The fact that antisemitism is not only on the fringes also becomes evident from fragments of extreme ideologies that we find increasingly in mainstream society. The question is whether the extreme fringes of society influence the center, or whether widespread hatred of Jews is simply voiced more openly and murderously on the fringes. Our research shows that even on the mainstream platform Twitter, about 15 percent of all tweets about Jews were antisemitic in the summer of 2020, up from seven percent in 2019 — and this only counts tweets that have not been deleted.
However, only a few want to shout “Death to the Jews.” Most antisemites pretend to have nothing against Jews and deny the murderous hatred. This was true of the mother of the white nationalist terrorist from Halle who targeted Jews praying in a synagogue on Yom Kippur. Her son had nothing against Jews, she declared. “He has the wrong vocabulary. He has nothing against Jews in that sense. He has something against the people who are behind the financial power — who doesn’t?”
Indeed, she is not alone in this opinion. That same month, in October 2019, 24 percent of the German population thought Jews had too much power in international financial markets. The percentage is presumably lower in the US. The last time, in 2015, when Americans were polled with a similar question, 16 percent agreed.
Like antisemitism from the right, antisemitism from the left also has a long history. The most current and prominent forms of antisemitism on the political left — anti-Zionist campaigns — began under Stalin, including the murder of Jewish intellectuals. They intensified after the 1967 Six-Day War, when anti-Zionist campaigns took root among Western intellectuals as well.

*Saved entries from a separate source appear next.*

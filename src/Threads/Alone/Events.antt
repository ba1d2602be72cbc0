-- ===== src/Threads/Alone/Events.antt =====
-- Each event alone: its program does what the model of the manager does in one step
-- (agente_c/src/resource_manager.c).
use tp_sist_op.Prelude.{
  ℕ, List, [], ◌∷◌, Option, ◌≡◌, refl, ◌∙◌, inl, inr, ◌&&◌, Bool-cases, Option-cases,
}
use tp_sist_op.Prelude.Int.{ℤ, pos, eqb_ℤ}
use tp_sist_op.ResourceTypes.{Resource}
use tp_sist_op.Queue.{Origin}
use tp_sist_op.Jobs.{
  Allocation, OutRequest, Job, is_local_granted, is_remote, job_confirmar, tabla_jobs_verificar,
  tabla_jobs_extract_by_id, tabla_jobs_buscar_por_id, tabla_jobs_get_conn,
}
use tp_sist_op.Conns.{tabla_conns_get_ip_by_conn}
use tp_sist_op.Manager.{ResourceManager, reserve_resource}
use tp_sist_op.Manager.Building.{Result-cases}
use tp_sist_op.Manager.NodeList.{on_get_nodes}
use tp_sist_op.Manager.Handlers.{
  on_reserve, on_release, release_ghost, confirm, on_granted, on_denied, release_alloc,
  release_allocs, on_job_release, on_job_status, on_job_timeout,
}
use tp_sist_op.Manager.Events.{
  Command, Event, drop_jobs, process_connection_failed, process_disconnect, send_requests,
  process_connection_ready, process_announce, execute, step,
}
use tp_sist_op.Threads.{Prog, alone}
use tp_sist_op.Threads.Calls.{reserve_resource_prog, unlink_by_id}
use tp_sist_op.Threads.Handlers.{
  on_reserve_prog, on_release_prog, release_ghost_prog, settle, confirm_prog, on_granted_prog,
  on_denied_prog, release_alloc_prog, release_allocs_prog, on_job_release_prog, on_job_status_prog,
  on_job_timeout_prog, on_get_nodes_prog, drop_jobs_prog, unlink_lost,
  process_connection_failed_prog, forget_conn, process_disconnect_prog, learn_conn,
  send_requests_prog, process_connection_ready_prog, execute_prog, in_nodos, event_prog,
}
use tp_sist_op.Threads.Alone.{alone_rules}
use tp_sist_op.Threads.Alone.Requests.{alone-on_job_request}

alone-on_reserve :
    (c : ℕ) (id : ℤ) (t : Resource) (n : ℤ) (m : ResourceManager)
    → alone (on_reserve_prog c id t n) m ≡ on_reserve c id t n m
unfolding alone on_reserve_prog reserve_resource_prog on_reserve
alone-on_reserve c id t n m = elim (Result-cases (reserve_resource t n id c Origin.remote m).1) [
  | inl e ↦ rw (e, alone, on_reserve) (simp alone_rules)
  | inr (inl e) ↦ rw (e, alone, on_reserve) refl
  | inr (inr e) ↦ rw (e, alone, on_reserve) (simp alone_rules)
]

alone-on_release :
    (id : ℤ) (t : Resource) (n : ℤ) (m : ResourceManager)
    → alone (on_release_prog id t n) m ≡ on_release id t n m
unfolding alone on_release_prog on_release
alone-on_release id t n m = elim (Bool-cases (eqb_ℤ n (pos 0))) [
  | inl e ↦ rw (e, alone, on_release) (simp alone_rules)
  | inr e ↦ rw (e, alone, on_release) (simp alone_rules)
]

alone-release_ghost :
    (c : ℕ) (id : ℤ) (k : Prog) (m : ResourceManager)
    → alone (release_ghost_prog c id k) m ≡ alone k (release_ghost c id m)
unfolding alone release_ghost_prog release_ghost
alone-release_ghost c id k m = simp alone_rules

alone-confirm :
    (j : Job) (ip : List ℕ) (id : ℤ) (k : Prog) (m : ResourceManager)
    → alone (confirm_prog j ip id k) m ≡ alone k (confirm j ip id m)
unfolding alone confirm_prog confirm settle
alone-confirm j ip id k m =
    elim (Bool-cases
      ((job_confirmar j ip id).1 && tabla_jobs_verificar (settle ip id m).tabla id)) [
        | inl e ↦ rw (e, alone, confirm) (simp alone_rules)
        | inr e ↦ rw (e, alone, confirm) refl
      ]

alone-on_granted :
    (c : ℕ) (id : ℤ) (m : ResourceManager) → alone (on_granted_prog c id) m ≡ on_granted c id m
unfolding alone on_granted_prog on_granted
alone-on_granted c id m = elim (Option-cases (tabla_conns_get_ip_by_conn m.conns c)) [
  | inl e ↦ rw (e, alone, on_granted) refl
  | inr (ip, e) ↦
      rw (e, alone, on_granted)
        (elim (Option-cases (tabla_jobs_buscar_por_id m.tabla id)) [
          | inl gone ↦ rw (gone, alone) (simp alone-release_ghost)
          | inr (j, found) ↦ rw (found, alone) (simp alone-confirm)
        ])
]

alone-on_denied : (id : ℤ) (m : ResourceManager) → alone (on_denied_prog id) m ≡ on_denied id m
unfolding alone on_denied_prog on_denied
alone-on_denied id m = elim (Option-cases (tabla_jobs_get_conn m.tabla id)) [
  | inl e ↦ rw (e, alone, on_denied) (simp alone_rules)
  | inr (c, e) ↦ rw (e, alone, on_denied) (simp alone_rules)
]

alone-release_alloc :
    (a : Allocation) (k : Prog) (m : ResourceManager)
    → alone (release_alloc_prog a k) m ≡ alone k (release_alloc a m)
unfolding alone release_alloc_prog release_alloc
alone-release_alloc a k m = elim (Bool-cases (is_local_granted a)) [
  | inl here ↦ rw here (elim (Bool-cases (is_remote a)) [
    | inl far ↦ rw far (simp alone_rules)
    | inr near ↦ rw near (simp alone_rules)
  ])
  | inr other ↦ rw other (elim (Bool-cases (is_remote a)) [
    | inl far ↦ rw far (simp alone_rules)
    | inr near ↦ rw near (simp alone_rules)
  ])
]

alone-release_allocs :
    (l : List Allocation) (k : Prog) (m : ResourceManager)
    → alone (release_allocs_prog l k) m ≡ alone k (release_allocs l m)
unfolding release_allocs_prog release_allocs
alone-release_allocs [] k m = refl
alone-release_allocs (a ∷ l) k m =
    alone-release_alloc a (release_allocs_prog l k) m ∙ alone-release_allocs l k (release_alloc a m)

alone-on_job_release :
    (id : ℤ) (m : ResourceManager) → alone (on_job_release_prog id) m ≡ on_job_release id m
unfolding alone on_job_release_prog on_job_release unlink_by_id
alone-on_job_release id m = elim (Option-cases (tabla_jobs_extract_by_id m.tabla id).1) [
  | inl e ↦ rw (e, alone, on_job_release) refl
  | inr (j, e) ↦ rw (e, alone, on_job_release) (simp (alone-release_allocs, alone_rules))
]

alone-on_job_status :
    (c : ℕ) (id : ℤ) (m : ResourceManager)
    → alone (on_job_status_prog c id) m ≡ on_job_status c id m
unfolding alone on_job_status_prog on_job_status
alone-on_job_status c id m = elim (Option-cases (tabla_jobs_get_conn m.tabla id)) [
  | inl e ↦ rw (e, alone, on_job_status) (simp alone_rules)
  | inr (d, e) ↦ rw (e, alone, on_job_status) (simp alone_rules)
]

alone-drop_jobs :
    (js : List Job) (k : Prog) (m : ResourceManager)
    → alone (drop_jobs_prog js k) m ≡ alone k (drop_jobs js m)
unfolding alone drop_jobs_prog drop_jobs
alone-drop_jobs [] k m = refl
alone-drop_jobs (j ∷ js) k m = simp (alone_rules, alone-drop_jobs js)

alone-failed :
    (c : ℕ) (k : Prog) (m : ResourceManager)
    → alone (process_connection_failed_prog c k) m ≡ alone k (process_connection_failed c m)
unfolding alone process_connection_failed_prog process_connection_failed unlink_lost
alone-failed c k m = simp alone-drop_jobs

alone-disconnect :
    (c : ℕ) (m : ResourceManager) → alone (process_disconnect_prog c) m ≡ process_disconnect c m
unfolding alone process_disconnect_prog process_disconnect forget_conn
alone-disconnect c m = simp (alone_rules, alone-failed)

alone-send_requests :
    (c : ℕ) (l : List OutRequest) (k : Prog) (m : ResourceManager)
    → alone (send_requests_prog c l k) m ≡ alone k (send_requests c l m)
unfolding alone send_requests_prog send_requests learn_conn
alone-send_requests c [] k m = refl
alone-send_requests c (r ∷ l) k m = simp (alone_rules, alone-send_requests c l)

alone-ready :
    (c : ℕ) (m : ResourceManager)
    → alone (process_connection_ready_prog c) m ≡ process_connection_ready c m
unfolding alone process_connection_ready_prog process_connection_ready
alone-ready c m = simp alone-send_requests

alone-execute :
    (c : ℕ) (d : Command) (tries : List (Option ℕ)) (m : ResourceManager)
    → alone (execute_prog c d tries) m ≡ execute c d tries m
unfolding alone execute_prog execute
alone-execute c (Command.reserve id t n) tries m = alone-on_reserve c id t n m
alone-execute c (Command.release id t n) tries m = alone-on_release id t n m
alone-execute c (Command.granted id) tries m = alone-on_granted c id m
alone-execute c (Command.denied id) tries m = alone-on_denied id m
alone-execute c (Command.job_request id reqs) tries m = alone-on_job_request c id reqs tries m
alone-execute c Command.get_nodes tries m =
    unfold on_get_nodes_prog on_get_nodes in simp alone_rules
alone-execute c (Command.job_release id) tries m = alone-on_job_release id m
alone-execute c (Command.job_status id) tries m = alone-on_job_status c id m
alone-execute c (Command.job_timeout id) tries m =
    unfold on_job_timeout_prog on_job_timeout in simp alone_rules
alone-execute c Command.ignored tries m = refl

-- Without other threads, the program of every event, with its locks and its accesses one by one, does to
-- the state what `step` does.
pub alone-event_prog : (e : Event) (m : ResourceManager) → alone (event_prog e) m ≡ step m e
unfolding alone event_prog step in_nodos
alone-event_prog (Event.message c d tries) m = alone-execute c d tries m
alone-event_prog (Event.announce ip puerto c g n now) m = unfold process_announce in refl
alone-event_prog (Event.purge timeout now) m = refl
alone-event_prog (Event.disconnect c) m = alone-disconnect c m
alone-event_prog (Event.connection_ready c) m = alone-ready c m
alone-event_prog (Event.connection_failed c) m = simp alone-failed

The effects are still felt today; for example, the old slogan that Zionism is racism, could be seen and heard at numerous anti-Israel rallies in May 2021.
But the slander of Israel based on distortions and falsifications can also be found today in the opinion pages of leading newspapers, where Israel is accused sweepingly of racism, of being an “apartheid state,” and even of genocide. This defamation legitimizes the only slightly concealed call for murder, when the liberation of “all of Palestine” is called for “from the river to the sea.”
While white nationalists and in one case Black supremacists were responsible for antisemitic murders in the US in the past few years, in Europe — on the other hand — jihadists were mostly responsible. Antisemitism is as inherent in white nationalism as in Islamist movements, from the Muslim Brotherhood to Recep Tayyip Erdogan’s AKP in Turkey, to the Iranian regime and jihadist movements such as Al-Qaeda, ISIS, and Hamas. But even among Muslims, it is evident that antisemitism is not only found on the fringes among Islamists, but is adopted by many who do not have a coherent Islamist worldview (see here and here and here).
In sum, antisemitism is a clear and present danger, even if it does not come from the opposing political camp or if it comes from minorities who face discrimination themselves. Those who still minimize antisemitism in their own camp and who reinterpret hatred and defamation of Jews or the Jewish state as “criticism” of Israel, are complicit in the growing antisemitism in our societies.
Gunther Jikeli is the Erna B. Rosenfeld Professor at the Institute for the Study of Contemporary Antisemitism at Indiana University’s Borns Jewish Studies Program.